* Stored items

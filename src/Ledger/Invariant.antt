-- ===== src/Ledger/Invariant.antt =====
-- What the ledger holds never goes below zero and never exceeds what was granted
-- (`Grant` and `Charge` of lib/ledger/ledger.go).
use dcr.Prelude.{
  ℕ, ◌+◌, ◌<◌, ◌≤◌, ◌≡◌, ◌≢◌, ◌⊎◌, inl, inr, refl, ap, Bool, true, false, List, [], ◌∷◌, none,
  arith,
}
use dcr.Prelude.Int64.{
  ℤ, pos, pos_part, neg_part, ◌+ℤ◌, ◌-ℤ◌, ◌≤ℤ◌, int64_half, int_laws, sub64, sub64_exact, add64,
  add64_exact, pos_part_mono, pos_part-add_lt, pos_part-add_le,
}
use dcr.Prelude.Bytes.{Bytes, Dict, lookup, insert, lookup_or-insert_self, lookup_or-insert_ne}
use dcr.Ledger.{
  Ledger, GrantRecord, ok, balance, grant, charge, charge_key, Call, grants, charges, step, run,
  new_memory,
}
use dcr.Ledger.Balances.{sum, sum-insert, IsNonneg, insert-IsNonneg, lookup-le-sum}

-- All that was ever granted.
abbrev pub granted : Dict GrantRecord → ℤ
granted [] = pos 0
granted ((_, g) ∷ d) = g.amount +ℤ granted d

pub record IsValid (m : Ledger) : Type 0 where
  pub nonneg : IsNonneg m.balances
  pub solvent : sum m.balances ≤ℤ granted m.grants
  pub in_range : pos_part (granted m.grants) < int64_half

granted-insert_new :
    (k : Bytes) (g : GrantRecord) (d : Dict GrantRecord)
    → lookup k d ≡ none
    → granted (insert k g d) ≡ granted d +ℤ g.amount
unfolding lookup insert
granted-insert_new k g [] e = omega int_laws
granted-insert_new k g ((j, h) ∷ d) e = grind (int_laws, granted-insert_new k g d)

-- What a debit of `amount` does: the account pays it, and nobody else does.
pub record Debited (m : Ledger) (account : Bytes) (amount : ℤ) (m' : Ledger) : Type 0 where
  pub covered : amount ≤ℤ balance m account
  pub paid : balance m' account +ℤ amount ≡ balance m account
  pub others : (other : Bytes) → other ≢ account → balance m' other ≡ balance m other
  pub total : sum m'.balances +ℤ amount ≡ sum m.balances
  pub grants_kept : m'.grants ≡ m.grants

charge_debits :
    (m : Ledger) (account : Bytes) (amount : ℤ) (charged' : Dict Bool)
    → IsValid m
    → pos 1 ≤ℤ amount
    → amount ≤ℤ balance m account
    → let m' = record m {
      balances = insert account (sub64 (balance m account) amount) m.balances;
      charged = charged';
    } in
      IsValid m' × Debited m account amount m'
unfolding balance
charge_debits m account amount charged' v p q =
    let held = lookup-le-sum account m.balances v.nonneg in
    let total = sum-insert account (balance m account -ℤ amount) m.balances in
    let exact : sub64 (balance m account) amount ≡ balance m account -ℤ amount =
      sub64_exact (balance m account) amount (omega arith) q (
        omega (
          arith,
          pos_part_mono (balance m account) (sum m.balances) held.1,
          pos_part_mono (sum m.balances) (granted m.grants) v.solvent,
        )) in
    rw exact (
      record {
        nonneg = insert-IsNonneg account _ m.balances (omega int_laws) v.nonneg;
        solvent = omega (int_laws, ap pos_part total, ap neg_part total);
        in_range = v.in_range;
      },
      record {
        covered = q;
        paid =
            rw
              (
                lookup_or-insert_self account (balance m account -ℤ amount) (pos 0) m.balances,
                balance,
              )
              (omega int_laws);
        others = λ other ne. lookup_or-insert_ne other account _ (pos 0) m.balances ne;
        total = omega (int_laws, ap pos_part total, ap neg_part total);
        grants_kept = refl;
      },
    )

-- A charge leaves the ledger as it was, or takes exactly the amount from the account it names, and
-- only when the account covers it. Either way no balance is below zero, and what is held is at
-- most what was granted.
pub charge-Debited :
    (m : Ledger) (account : Bytes) (amount : ℤ) (idem_key : Bytes)
    → IsValid m
    → let (r, m') = charge m account amount idem_key in
      IsValid m' × ((m' ≡ m) ⊎ (Debited m account amount m' × (r ≡ ok (balance m' account))))
unfolding charge
charge-Debited m account amount idem_key v = ground (
  arith,
  charge_debits m account amount m.charged v,
  charge_debits m account amount (insert (charge_key account idem_key) true m.charged) v,
)

-- What a first grant of `amount` does: the account it names gains it, and nobody else does.
pub record Credited (m : Ledger) (account : Bytes) (amount : ℤ) (m' : Ledger) : Type 0 where
  pub gained : balance m' account ≡ balance m account +ℤ amount
  pub others : (other : Bytes) → other ≢ account → balance m' other ≡ balance m other
  pub total : sum m'.balances ≡ sum m.balances +ℤ amount
  pub counted : granted m'.grants ≡ granted m.grants +ℤ amount

grant_credits :
    (m : Ledger) (account : Bytes) (amount : ℤ) (external_ref : Bytes)
    → IsValid m
    → pos 1 ≤ℤ amount
    → pos_part (granted m.grants) + pos_part amount < int64_half
    → lookup external_ref m.grants ≡ none
    → let m' = record m {
      balances = insert account (add64 (balance m account) amount) m.balances;
      grants = insert external_ref (record { account_id = account; amount = amount }) m.grants;
    } in
      IsValid m' × Credited m account amount m'
unfolding balance
grant_credits m account amount external_ref v p q e =
    let held = lookup-le-sum account m.balances v.nonneg in
    let total = sum-insert account (balance m account +ℤ amount) m.balances in
    let more =
      granted-insert_new external_ref (record { account_id = account; amount = amount }) m.grants
        e in
    let exact : add64 (balance m account) amount ≡ balance m account +ℤ amount =
      add64_exact (balance m account) amount held.0 (omega arith) (
        omega (
          arith,
          pos_part_mono (balance m account) (sum m.balances) held.1,
          pos_part_mono (sum m.balances) (granted m.grants) v.solvent,
        )) in
    rw exact (
      record {
        nonneg = insert-IsNonneg account _ m.balances (omega int_laws) v.nonneg;
        solvent =
            omega
              (int_laws, ap pos_part total, ap neg_part total, ap pos_part more, ap neg_part more);
        in_range = rw more (pos_part-add_lt (granted m.grants) amount q);
      },
      record {
        gained = lookup_or-insert_self account (balance m account +ℤ amount) (pos 0) m.balances;
        others = λ other ne. lookup_or-insert_ne other account _ (pos 0) m.balances ne;
        total = omega (int_laws, ap pos_part total, ap neg_part total);
        counted = more;
      },
    )

-- A grant that keeps all that was ever granted within int64 leaves the ledger as it was, or is the
-- first for its reference and credits exactly the amount to the account it names. Either way no
-- balance is below zero, and what is held is at most what was granted.
pub grant-Credited :
    (m : Ledger) (account : Bytes) (amount : ℤ) (external_ref : Bytes)
    → IsValid m
    → pos_part (granted m.grants) + pos_part amount < int64_half
    → let (r, m') = grant m account amount external_ref in
      IsValid m'
      × ((m' ≡ m)
          ⊎ ((lookup external_ref m.grants ≡ none)
              × Credited m account amount m'
              × (r ≡ ok (balance m' account, false))))
unfolding grant
grant-Credited m account amount external_ref v q =
    ground (arith, grant_credits m account amount external_ref v)

-- The amounts that a list of calls asks to grant, where they are positive.
abbrev pub offered : List Call → ℕ
offered [] = 0
offered (grants account amount external_ref ∷ cs) = pos_part amount + offered cs
offered (charges account amount idem_key ∷ cs) = offered cs

offered_split :
    (m : Ledger) (c : Call) (cs : List Call)
    → pos_part (granted m.grants) + offered (c ∷ cs) < int64_half
    → pos_part (granted m.grants) + offered (c ∷ []) + offered cs < int64_half
offered_split m (grants account amount external_ref) cs q = omega arith
offered_split m (charges account amount idem_key) cs q = omega arith

kept_or_Credited :
    (m m' : Ledger) (account : Bytes) (amount : ℤ) {P Q : Type 0}
    → (m' ≡ m) ⊎ (P × Credited m account amount m' × Q)
    → pos_part (granted m'.grants) ≤ pos_part (granted m.grants) + pos_part amount
kept_or_Credited m m' account amount (inl e) = rw e (omega arith)
kept_or_Credited m m' account amount (inr (p, c, q)) =
    rw c.counted (pos_part-add_le (granted m.grants) amount)

kept_or_Debited :
    (m m' : Ledger) (account : Bytes) (amount : ℤ) {P : Type 0}
    → (m' ≡ m) ⊎ (Debited m account amount m' × P)
    → granted m'.grants ≡ granted m.grants
kept_or_Debited m m' account amount (inl e) = rw e
kept_or_Debited m m' account amount (inr (d, p)) = rw d.grants_kept

step-IsValid :
    (m : Ledger) (c : Call) (rest : ℕ)
    → IsValid m
    → pos_part (granted m.grants) + offered (c ∷ []) + rest < int64_half
    → IsValid (step m c) × (pos_part (granted (step m c).grants) + rest < int64_half)
unfolding step
step-IsValid m (grants account amount external_ref) rest v q =
    let done = grant-Credited m account amount external_ref v (omega arith) in
    (done.0, omega (arith, kept_or_Credited m _ account amount done.1))
step-IsValid m (charges account amount idem_key) rest v q =
    let done = charge-Debited m account amount idem_key v in
    (done.0, rw (kept_or_Debited m _ account amount done.1) (omega arith))

run-IsValid :
    (m : Ledger) (cs : List Call)
    → IsValid m
    → pos_part (granted m.grants) + offered cs < int64_half
    → IsValid (run m cs)
unfolding run
run-IsValid m [] v q = v
run-IsValid m (c ∷ cs) v q =
    let (v', q') = step-IsValid m c (offered cs) v (offered_split m c cs q) in
    run-IsValid (step m c) cs v' q'

-- Starting from the empty ledger, any history of grants and charges whose grants fit int64 leaves
-- no balance below zero, and the balances never add up to more than what was granted.
pub run_solvent :
    (cs : List Call)
    → offered cs < int64_half
    → let m = run new_memory cs in IsNonneg m.balances × (sum m.balances ≤ℤ granted m.grants)
unfolding new_memory
run_solvent cs q =
    let v =
      run-IsValid new_memory cs
        (record { nonneg = tt; solvent = omega arith; in_range = omega arith }) (omega arith) in
    (v.nonneg, v.solvent)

* To do
From the entries, copy out each line containing the word "that".

* Task result
-- All that was ever granted.
-- A grant that keeps all that was ever granted within int64 leaves the ledger as it was, or is the
-- The amounts that a list of calls asks to grant, where they are positive.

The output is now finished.